Gather every line in the records below that contains the word "fits".

(Entries provided begins)

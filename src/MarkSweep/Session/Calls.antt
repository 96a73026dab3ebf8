-- ===== src/MarkSweep/Session/Calls.antt =====
-- Each call of a program keeps its runtime sound (src/core/runtime.c with
-- src/algo/marksweep/ms.c).
use xgc.MarkSweep.{MarkSweepState}
use xgc.MarkSweep.Algorithm.{Answers, vtable, pin, unpin}
use xgc.MarkSweep.Session.{IsSound}
use xgc.Runtime.Program.{is_object}
use xgc.MarkSweep.Session.Allocating.{
  typed_header, raw_header, typed_header_lem, raw_header_lem, typed_memory, raw_memory,
  typed_memory-header, raw_memory-header, with_raw, alloc_typed-some, alloc_typed_raw,
  alloc_typed_refused,
}
use xgc.MarkSweep.Session.Objects.{with_memory-IsSound, fresh-IsSound, grown-IsSound}
use xgc.Object.{Memory, Header, Descriptor, header_size, set_header, set_slot}
use xgc.Runtime.{Runtime}
use xgc.Runtime.Allocation.{alloc_typed}
use xgc.Runtime.Flags.{update_header, with_pin, without_pin}
use xgc.Runtime.Freeing.{bytes_at}
use xgc.Runtime.References.{store_ref}
use xgc.Prelude.{
  ℕ, ◌+◌, ◌^◌, ◌≤◌, ◌<◌, ◌≡◌, ◌⊎◌, inl, inr, refl, sym, ◌∙◌, ap, subst, true, false, not, ◌&&◌,
  Option, none, some, Ptr, null, is_none, arith, ltb, ◌==◌, if◌then◌else◌, size_mod, Bool-cases,
  Option-cases, Ends,
}

-- Some state makes the runtime sound.
abbrev pub Sound : Runtime MarkSweepState → Type 0
Sound rt = (state : MarkSweepState) × IsSound rt state

update_header_lem :
    (m : Memory) (obj : Ptr) (f : Header → Header)
    → ((h : Header) → is_none (f h).desc ≡ is_none h.desc)
    → ((h : Header) → (f h).size ≡ h.size)
    → (q : Ptr)
    → (is_object ((update_header m obj f).header q) ≡ is_object (m.header q))
      × (bytes_at ((update_header m obj f).header q) ≡ bytes_at (m.header q))
unfolding update_header set_header
update_header_lem m obj f d z q = elim (Option-cases (m.header obj)) [
  | inl e ↦ rw (e, update_header) (refl, refl)
  | inr (h, e) ↦
      rw (e, update_header)
        (
          ground (arith, d h, z h, at q (λ o. is_object o) e),
          ground (arith, z h, at q (λ o. bytes_at o) e),
        )
]
  where
    at :
        {A : Type 0} {h : Header} (q : Ptr) (P : Option Header → A)
        → m.header obj ≡ some h
        → obj ≡ q
        → P (m.header q) ≡ P (some h)
    at q P e same = ap P (ap m.header (sym same) ∙ e)

module _ (rt : Runtime MarkSweepState) (state : MarkSweepState) (s : IsSound rt state) where
  module _ (a : Answers) (raw : Ptr) (size alloc_flags : ℕ)
      (f1 : (a.object ≡ null) ⊎ (rt.memory.header a.object ≡ none))
      (f2 : (raw ≡ null) ⊎ (rt.memory.header raw ≡ none)) (small : size < 2 ^ 32)
      (fits : rt.stats.total_allocated + size < size_mod) where
    module _ (desc : Descriptor) (room : header_size ≤ size) where
      typed-Sound :
          (not (a.object == null) && a.node_granted) ≡ true
          → Ends (λ r. Sound r.1) (alloc_typed (vtable a) raw rt (some desc) size alloc_flags)
      typed-Sound h =
          let e = alloc_typed-some desc size alloc_flags a raw rt state s.ready.attached room h in
          let (sized, typed) = typed_header_lem desc size alloc_flags room small in
          rw e (
            _,
            grown-IsSound rt state s (typed_memory desc size alloc_flags rt.memory a.object)
                a.object (typed_header desc size alloc_flags) size
                (typed_memory-header desc size alloc_flags rt.memory a.object) sized typed
                (omega arith) (ground arith) (ground arith) fits,
          )

      raw-Sound :
          (not (a.object == null) && a.node_granted) ≡ false
          → Ends (λ r. Sound r.1) (alloc_typed (vtable a) raw rt (some desc) size alloc_flags)
      raw-Sound h =
          let e = alloc_typed_raw desc size alloc_flags a raw rt state s.ready.attached room h in
          elim (Bool-cases (raw == null)) [
            | inl z ↦
                subst (Ends (λ r. Sound r.1))
                  (sym (
                    e
                    ∙ ap
                        (λ b. some (
                          if b then (null, rt) else (
                            raw,
                            with_raw desc size alloc_flags a raw rt state s.ready.attached room,
                          )))
                        z))
                  (state, s)
            | inr z ↦
                subst (Ends (λ r. Sound r.1))
                  (sym (
                    e
                    ∙ ap
                        (λ b. some (
                          if b then (null, rt) else (
                            raw,
                            with_raw desc size alloc_flags a raw rt state s.ready.attached room,
                          )))
                        z))
                  (
                    state,
                    fresh-IsSound rt state s (raw_memory desc size alloc_flags rt.memory raw) raw
                        (raw_header desc size alloc_flags) size
                        (raw_memory-header desc size alloc_flags rt.memory raw)
                        (raw_header_lem desc size alloc_flags room small).0
                        (raw_header_lem desc size alloc_flags room small).1 (omega arith)
                        (ground arith),
                  )
          ]

    pub allocate-Sound :
        (desc : Option Descriptor)
        → Ends (λ r. Sound r.1) (alloc_typed (vtable a) raw rt desc size alloc_flags)
    allocate-Sound none = rw (alloc_typed_refused a raw rt none size alloc_flags refl) (state, s)
    allocate-Sound (some desc) = elim (Bool-cases (ltb size header_size)) [
      | inl h ↦ rw (alloc_typed_refused a raw rt (some desc) size alloc_flags h) (state, s)
      | inr h ↦ elim (Bool-cases (not (a.object == null) && a.node_granted)) [
        | inl g ↦ typed-Sound desc (ground arith) g
        | inr g ↦ raw-Sound desc (ground arith) g
      ]
    ]

  pub store-Sound :
      (a : Answers) (owner slot new_value : Ptr)
      → Sound (store_ref (vtable a) rt owner slot new_value)
  unfolding store_ref set_slot
  store-Sound a owner slot new_value = elim (Bool-cases (slot == null)) [
    | inl h ↦ rw (h, store_ref) (state, s)
    | inr h ↦ rw (h, store_ref) (state, with_memory-IsSound rt state s _ (λ q k. k) (λ q k. refl))
  ]

  -- A write to an object's flags.
  update-IsSound :
      (obj : Ptr) (f : Header → Header)
      → ((h : Header) → is_none (f h).desc ≡ is_none h.desc)
      → ((h : Header) → (f h).size ≡ h.size)
      → IsSound (record rt { memory = update_header rt.memory obj f }) state
  update-IsSound obj f d z =
      with_memory-IsSound rt state s (update_header rt.memory obj f)
        (λ q k. (update_header_lem rt.memory obj f d z q).0 ∙ k)
        (λ q k. (update_header_lem rt.memory obj f d z q).1)

  pub pin-Sound : (obj : Ptr) → Sound (pin rt obj)
  unfolding pin
  pin-Sound obj = elim (Bool-cases (obj == null)) [
    | inl h ↦ rw (h, pin) (state, s)
    | inr h ↦ rw (h, pin) (state, update-IsSound obj with_pin (λ h. refl) (λ h. refl))
  ]

  pub unpin-Sound : (obj : Ptr) → Sound (unpin rt obj)
  unfolding unpin
  unpin-Sound obj = elim (Bool-cases (obj == null)) [
    | inl h ↦ rw (h, unpin) (state, s)
    | inr h ↦ rw (h, unpin) (state, update-IsSound obj without_pin (λ h. refl) (λ h. refl))
  ]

(Entries provided ends)

▸ **Your response**
      (fits : rt.stats.total_allocated + size < size_mod) where
                (omega arith) (ground arith) (ground arith) fits,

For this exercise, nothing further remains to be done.